The 45-year-old said the podcast was an immediate yes for her as “there seems to be an appetite for talking about riding” in Ireland.
The host said the podcast has taught her there is a “thriving” swinging community in Ireland.
The presenter said a vetern Irish swinger who she interviewed for the podcast talked about it “quite profoundly” which she found “shocking” as well as interesting.
“He did say something that kind of stood out to me, and it was, if you’re ever in McDonald’s at like, 4am and there’s a group of people all disheveled and exhausted looking, they probably just come from a sex party.”
Zamparelli said the podcast is “about awareness,” noting the lack of sex education us Irish traditionally got in schools.
“In Ireland, in the Catholic schools, the nuns would wheel out the television.
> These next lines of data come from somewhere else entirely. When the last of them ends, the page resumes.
-- ===== src/Features/Evaluate.antt =====
-- src/features/service/evaluate.rs: the evaluator with its cache. An instant is a number of
-- nanoseconds. `evaluate` takes the read lock, makes one or two queries, each awaited, and takes the
-- write lock: `evaluate_at` has the tables that each query finds and the cache that each lock finds,
-- and `evaluate` is a call with nothing in between. `cache_hit`, `load_at` and `fill` are the parts.
pub mod Cache
pub mod Effective
pub mod Staleness
pub mod Tests
use egras.Prelude.{
  ℕ, String, Bool, true, false, ◌&&◌, ◌+◌, Option, none, some, List, [], ◌∷◌, ltb, Result, ok, err,
  ◌==◌, String_eq, ℕ_eq, if◌then◌else◌,
}
use egras.Json.{Value}
use egras.Features.Repository.{Db, Query, FeatureRepoError, get_override, get_definition}

pub data EvaluateError : Type 0 where
  unknown_slug : EvaluateError
  repo : FeatureRepoError → EvaluateError

-- An entry of the hash map: its key, and the `CachedValue`.
pub record CachedValue : Type 0 where
  pub org : ℕ
  pub slug : String
  pub value : Value
  pub expires_at : ℕ

pub record PgFeatureEvaluator : Type 0 where
  pub cache : List CachedValue
  pub ttl : ℕ

unfoldable pub with_ttl : ℕ → PgFeatureEvaluator
with_ttl ttl = record { cache = []; ttl = ttl }

-- Sixty seconds.
pub new : PgFeatureEvaluator
unfolding with_ttl
new = with_ttl 60_000_000_000

pub cache_get : ℕ → String → List CachedValue → Option CachedValue
cache_get org slug [] = none
cache_get org slug (c ∷ cache) =
    if c.org == org && c.slug == slug then some c else cache_get org slug cache

pub cache_remove : ℕ → String → List CachedValue → List CachedValue
cache_remove org slug [] = []
cache_remove org slug (c ∷ cache) =
    let rest = cache_remove org slug cache in
    if c.org == org && c.slug == slug then rest else c ∷ rest

abbrev live_value : ℕ → Option CachedValue → Option Value
live_value now none = none
live_value now (some c) = if ltb now c.expires_at then some c.value else none

-- The read lock: an entry that has not expired.
pub cache_hit : ℕ → ℕ → String → PgFeatureEvaluator → Option Value
cache_hit now org slug ev = live_value now (cache_get org slug ev.cache)

-- The repository: the override, else the default of the definition. The second query is awaited
-- after the first, and may find other tables, `db'`, and other faults.
unfoldable pub load_at :
    (Query → Bool) → (Query → Bool) → ℕ → String → Db → Db → Result EvaluateError Value
load_at fails fails' org slug db db' = elim (get_override fails org slug db) [
  | err e ↦ err (repo e)
  | ok (some ov) ↦ ok ov.value
  | ok none ↦ elim (get_definition fails' slug db') [
    | err e ↦ err (repo e)
    | ok none ↦ err unknown_slug
    | ok (some def) ↦ ok def.default_value
  ]
]

-- With nothing between the two queries.
abbrev pub load : (Query → Bool) → ℕ → String → Db → Result EvaluateError Value
load fails org slug db = load_at fails fails org slug db db

-- The write lock: `now` is the instant at which the call began.
pub fill : ℕ → ℕ → String → Value → PgFeatureEvaluator → PgFeatureEvaluator
fill now org slug value ev =
    let entry : CachedValue = record {
      org = org;
      slug = slug;
      value = value;
      expires_at = now + ev.ttl;
    } in
    record ev { cache = entry ∷ cache_remove org slug ev.cache }

-- A call that began at `now`: `ev` is what the read lock finds and `ev'` what the write lock finds.
unfoldable pub evaluate_at :
    (Query → Bool)
    → (Query → Bool)
    → ℕ
    → ℕ
    → String
    → Db
    → Db
    → PgFeatureEvaluator
    → PgFeatureEvaluator
    → Result EvaluateError Value × PgFeatureEvaluator
evaluate_at fails fails' now org slug db db' ev ev' = elim (cache_hit now org slug ev) [
  | some v ↦ (ok v, ev')
  | none ↦ elim (load_at fails fails' org slug db db') [
    | err e ↦ (err e, ev')
    | ok v ↦ (ok v, fill now org slug v ev')
  ]
]

abbrev pub evaluate :
    (Query → Bool)
    → ℕ
    → ℕ
    → String
    → Db
    → PgFeatureEvaluator
    → Result EvaluateError Value × PgFeatureEvaluator
evaluate fails now org slug db ev = evaluate_at fails fails now org slug db db ev ev

unfoldable pub invalidate : ℕ → String → PgFeatureEvaluator → PgFeatureEvaluator
invalidate org slug ev = record ev { cache = cache_remove org slug ev.cache }

pub invalidate_all : PgFeatureEvaluator → PgFeatureEvaluator
invalidate_all ev = record ev { cache = [] }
Remember that? And would say stuff like ‘and the man and the woman would have a lovely little hug, and then God gave them a baby’. And that was it. I didn’t know anything, where anything went till I was about 42.
Asked whether she might consider joining the UK version of Dancing with the Stars now that the BBC’s Strictly Come Dancing is looking for two new hosts, Zamparelli said: “No, not at all, I love being at home… and I wouldn’t get a look in over there.”
“I’m happy where I am. I love doing . It sounds cliché, but it really is one of those lovely shows to work on. It gets me through the winter.”